### [Problem description]
Quote exactly, and only, the lines of the material below from the line with "(finish_add o reply)" through the line with "unfolding handle_add".

Input START

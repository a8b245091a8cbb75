-- ===== src/ServiceManager/Promises.antt =====
-- What the handler of Demos/BinderCDemo/service_manager.c promises for a request: what it makes of the
-- map from names to handles.
pub mod Stories
use mathlib.Core.Path.{subst}
use android_source_learn.Prelude.{
  zero, suc, ℕ, ◌≡◌, ◌≢◌, refl, sym, ap, ◌∙◌, Bool, true, false, Option, none, some, List, [], ◌==◌,
  ◌&&◌, not, if◌then◌else◌, Bool-cases, Option-cases, inl, inr, arith,
}
use android_source_learn.Prelude.Int.{ℤ, pos, negsuc, minus_one, is_nonzero}
use android_source_learn.Memory.{Memory, load_units}
use android_source_learn.Abi.{Abi, TransactionSecctx}
use android_source_learn.Bio.{BinderIo, Parcel, bio_get_uint32, bio_get_string16, bio_get_ref}
use android_source_learn.ServiceManager.Access.{System}
use android_source_learn.ServiceManager.Registry.{
  Svcinfo, Manager, same_name, find_svc, deref, svcinfo_death, do_add_service,
}
use android_source_learn.ServiceManager.Registry.Lookup.{
  handle_of, IsFresh, handle_of-svcinfo_death,
}
use android_source_learn.ServiceManager.Registry.Add.{do_add_service-handle_of}
use android_source_learn.ServiceManager.Registry.Names.{find_svc-deref}
use android_source_learn.ServiceManager.Handler.{
  Answers, Outcome, svc_mgr_add_service, is_interface, refresh_sehandle, finish_add, handle_add,
  enforce_interface, svcmgr_handler,
}
use android_source_learn.ServiceManager.Handler.Effects.{
  Leaves, svcmgr_handler-Leaves, refresh_same,
}
use android_source_learn.ServiceManager.Handler.Requests.{dispatch-add}
use android_source_learn.ServiceManager.Histories.{
  start, IsSound, IsSound-same, add_unless_zero, Step, transact, death, Reach, here, next,
  Reach-IsSound,
}
use android_source_learn.ServiceManager.Specification.{Names, handles, handles-same}

-- The reader of a request behind its header: two words and the name of the interface.
abbrev pub behind_header : Memory → BinderIo → BinderIo
behind_header mem msg = (bio_get_string16 mem (bio_get_uint32 mem (bio_get_uint32 mem msg).1).1).2

abbrev units_at : Memory → ℕ → Option ℕ → List ℕ
units_at mem len none = []
units_at mem len (some a) = load_units mem a len

-- The name in a request, and the handle in a request to add a service.
abbrev pub asked_name : Memory → BinderIo → List ℕ
asked_name mem msg =
    let (s, len, _) = bio_get_string16 mem (behind_header mem msg) in units_at mem len s

abbrev pub asked_handle : Abi → Memory → BinderIo → ℕ
asked_handle abi mem msg = (bio_get_ref abi mem (bio_get_string16 mem (behind_header mem msg)).2).0

-- A transaction that registers a service: SVC_MGR_ADD_SERVICE with the result 0.
abbrev pub is_registration : Abi → TransactionSecctx → ℤ → Bool
is_registration abi txn z =
    not (txn.transaction_data.code == abi.ping_transaction)
    && txn.transaction_data.code == svc_mgr_add_service
    && not (is_nonzero z)

-- The map after a transaction with the result `z`: the name in its request has the handle in it, if
-- it registers a service.
abbrev pub answered : Abi → TransactionSecctx → BinderIo → Memory → ℤ → Names → Names
answered abi txn msg mem z f t =
    if is_registration abi txn z && same_name (asked_name mem msg) t
    then asked_handle abi mem msg
    else f t

-- What the result and the manager of an outcome satisfy, if it is no abort.
abbrev pub Gives : (Manager → ℤ → Type 0) → Outcome → Type 0
Gives Q none = Unit {0}
Gives Q (some (m, _, z)) = Q m z

finish_add-Gives :
    (Q : Manager → ℤ → Type 0) (o : Option (Manager × ℤ)) (reply : Parcel)
    → ((m' : Manager) → o ≡ some (m', pos 0) → Q m' (pos 0))
    → ((m' : Manager) (z : ℤ) → o ≡ some (m', z) → z ≢ pos 0 → Q m' minus_one)
    → Gives Q (finish_add o reply)
unfolding finish_add
finish_add-Gives Q none reply good bad = tt
finish_add-Gives Q (some (m', pos zero)) reply good bad = good m' refl
finish_add-Gives Q (some (m', pos (suc n))) reply good bad =
    let k = bad m' (pos (suc n)) refl (λ e. ground arith) in ground arith
finish_add-Gives Q (some (m', negsuc n)) reply good bad = bad m' (negsuc n) refl (λ e. ground arith)

module _ (sys : System) (abi : Abi) (ans : Answers) (m : Manager) (txn : TransactionSecctx)
    (msg : BinderIo) (reply : Parcel) (f : IsFresh ans.fresh m.svclist) (v : IsSound m) where
  abbrev Kept : Manager → ℤ → Type 0
  Kept m' z = (t : List ℕ) → handles m' t ≡ answered abi txn msg reply.mem z (handles m) t

  -- A transaction that fails, or is none of SVC_MGR_ADD_SERVICE, changes no name.
  unchanged :
      (m' : Manager) (z : ℤ)
      → is_registration abi txn z ≡ false
      → m'.svclist ≡ m.svclist
      → Kept m' z
  unchanged m' z none_made same t = rw none_made (handles-same m m' same t)

  failed : is_registration abi txn minus_one ≡ false
  failed = ground arith

  registration-Kept :
      txn.transaction_data.code ≡ svc_mgr_add_service
      → (txn.transaction_data.code == abi.ping_transaction) ≡ false
      → Gives Kept
          (handle_add sys abi ans (refresh_sehandle ans m) txn (behind_header reply.mem msg) reply)
  unfolding handle_add
  registration-Kept add no_ping =
      let n = refresh_sehandle ans m in
      let (nodes, trace) = refresh_same sys abi ans m in
      let sound = IsSound-same m n nodes trace v in
      let read = bio_get_string16 reply.mem (behind_header reply.mem msg) in
      elim (Option-cases read.0) [
        | inl bad ↦ rw (bad, handle_add) (unchanged n minus_one failed nodes)
        | inr (a, good) ↦
            rw (good, handle_add)
              (finish_add-Gives Kept _ reply
                (λ m' e t.
                  let (_, exact) =
                    do_add_service-handle_of sys ans.fresh (load_units reply.mem a read.1) _ _ _ _ _
                      _ n m' sound.distinct (rw nodes f) e in
                  rw (no_ping, add) (rw good (rw (← nodes) (exact t))))
                (λ m' z e fails t. elim (add_unless_zero sys _ _ _ _ _ _ _ _ n m' z e) [
                  | inl same ↦
                      unchanged m' minus_one failed (ap (λ (k : Manager). k.svclist) same ∙ nodes) t
                  | inr worked ↦ absurd (fails worked)
                ]))
      ]

  Leaves-Kept :
      txn.transaction_data.code ≢ svc_mgr_add_service → (o : Outcome) → Leaves m o → Gives Kept o
  Leaves-Kept other none l = tt
  Leaves-Kept other (some (m', r, z)) l =
      let none_made : is_registration abi txn z ≡ false = ground arith in
      unchanged m' z none_made l.0

  pub svcmgr_handler-Kept : Gives Kept (svcmgr_handler sys abi ans m txn msg reply)
  unfolding svcmgr_handler enforce_interface
  svcmgr_handler-Kept = elim (Bool-cases (txn.transaction_data.code == svc_mgr_add_service)) [
    | inr other ↦
        let different : txn.transaction_data.code ≢ svc_mgr_add_service = λ e. ground arith in
        Leaves-Kept different _ (svcmgr_handler-Leaves sys abi ans m txn msg reply different)
    | inl this ↦
        let add : txn.transaction_data.code ≡ svc_mgr_add_service = ground arith in
        let unread = unchanged m minus_one failed refl in
        elim (Bool-cases (txn.transaction_data.target == 0)) [
          | inr elsewhere ↦ rw (elsewhere, svcmgr_handler) unread
          | inl me ↦ elim (Bool-cases (txn.transaction_data.code == abi.ping_transaction)) [
            | inl ping ↦
                let quiet : is_registration abi txn (pos 0) ≡ false = rw ping refl in
                rw (me, ping, svcmgr_handler) (unchanged m (pos 0) quiet refl)
            | inr no_ping ↦ rw (me, no_ping, svcmgr_handler) (named this add no_ping unread)
          ]
        ]
  ]
    where
      read : Option ℕ × ℕ × BinderIo
      read =
          bio_get_string16 reply.mem (bio_get_uint32 reply.mem (bio_get_uint32 reply.mem msg).1).1

      named :
          (txn.transaction_data.code == svc_mgr_add_service) ≡ true
          → txn.transaction_data.code ≡ svc_mgr_add_service
          → (txn.transaction_data.code == abi.ping_transaction) ≡ false
          → Kept m minus_one
          → Gives Kept (enforce_interface sys abi ans m txn read reply)
      named this add no_ping unread = elim (Option-cases read.0) [
        | inl bad ↦ rw (bad, enforce_interface) unread
        | inr (a, good) ↦ elim (Bool-cases (is_interface reply.mem a read.1)) [
          | inr wrong ↦ rw (good, enforce_interface) (rw wrong unread)
          | inl right ↦
              rw (good, enforce_interface)
                (rw right (
                  subst (Gives Kept)
                    (sym (
                      dispatch-add sys abi ans (refresh_sehandle ans m) txn
                        (behind_header reply.mem msg) reply add))
                    (registration-Kept add no_ping)))
        ]
      ]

Input END

### [Answer to the exercise]
    → Gives Q (finish_add o reply)
unfolding finish_add
finish_add-Gives Q none reply good bad = tt
finish_add-Gives Q (some (m', pos zero)) reply good bad = good m' refl
finish_add-Gives Q (some (m', pos (suc n))) reply good bad =
    let k = bad m' (pos (suc n)) refl (λ e. ground arith) in ground arith
finish_add-Gives Q (some (m', negsuc n)) reply good bad = bad m' (negsuc n) refl (λ e. ground arith)

module _ (sys : System) (abi : Abi) (ans : Answers) (m : Manager) (txn : TransactionSecctx)
    (msg : BinderIo) (reply : Parcel) (f : IsFresh ans.fresh m.svclist) (v : IsSound m) where
  abbrev Kept : Manager → ℤ → Type 0
  Kept m' z = (t : List ℕ) → handles m' t ≡ answered abi txn msg reply.mem z (handles m) t

  -- A transaction that fails, or is none of SVC_MGR_ADD_SERVICE, changes no name.
  unchanged :
      (m' : Manager) (z : ℤ)
      → is_registration abi txn z ≡ false
      → m'.svclist ≡ m.svclist
      → Kept m' z
  unchanged m' z none_made same t = rw none_made (handles-same m m' same t)

  failed : is_registration abi txn minus_one ≡ false
  failed = ground arith

  registration-Kept :
      txn.transaction_data.code ≡ svc_mgr_add_service
      → (txn.transaction_data.code == abi.ping_transaction) ≡ false
      → Gives Kept
          (handle_add sys abi ans (refresh_sehandle ans m) txn (behind_header reply.mem msg) reply)
  unfolding handle_add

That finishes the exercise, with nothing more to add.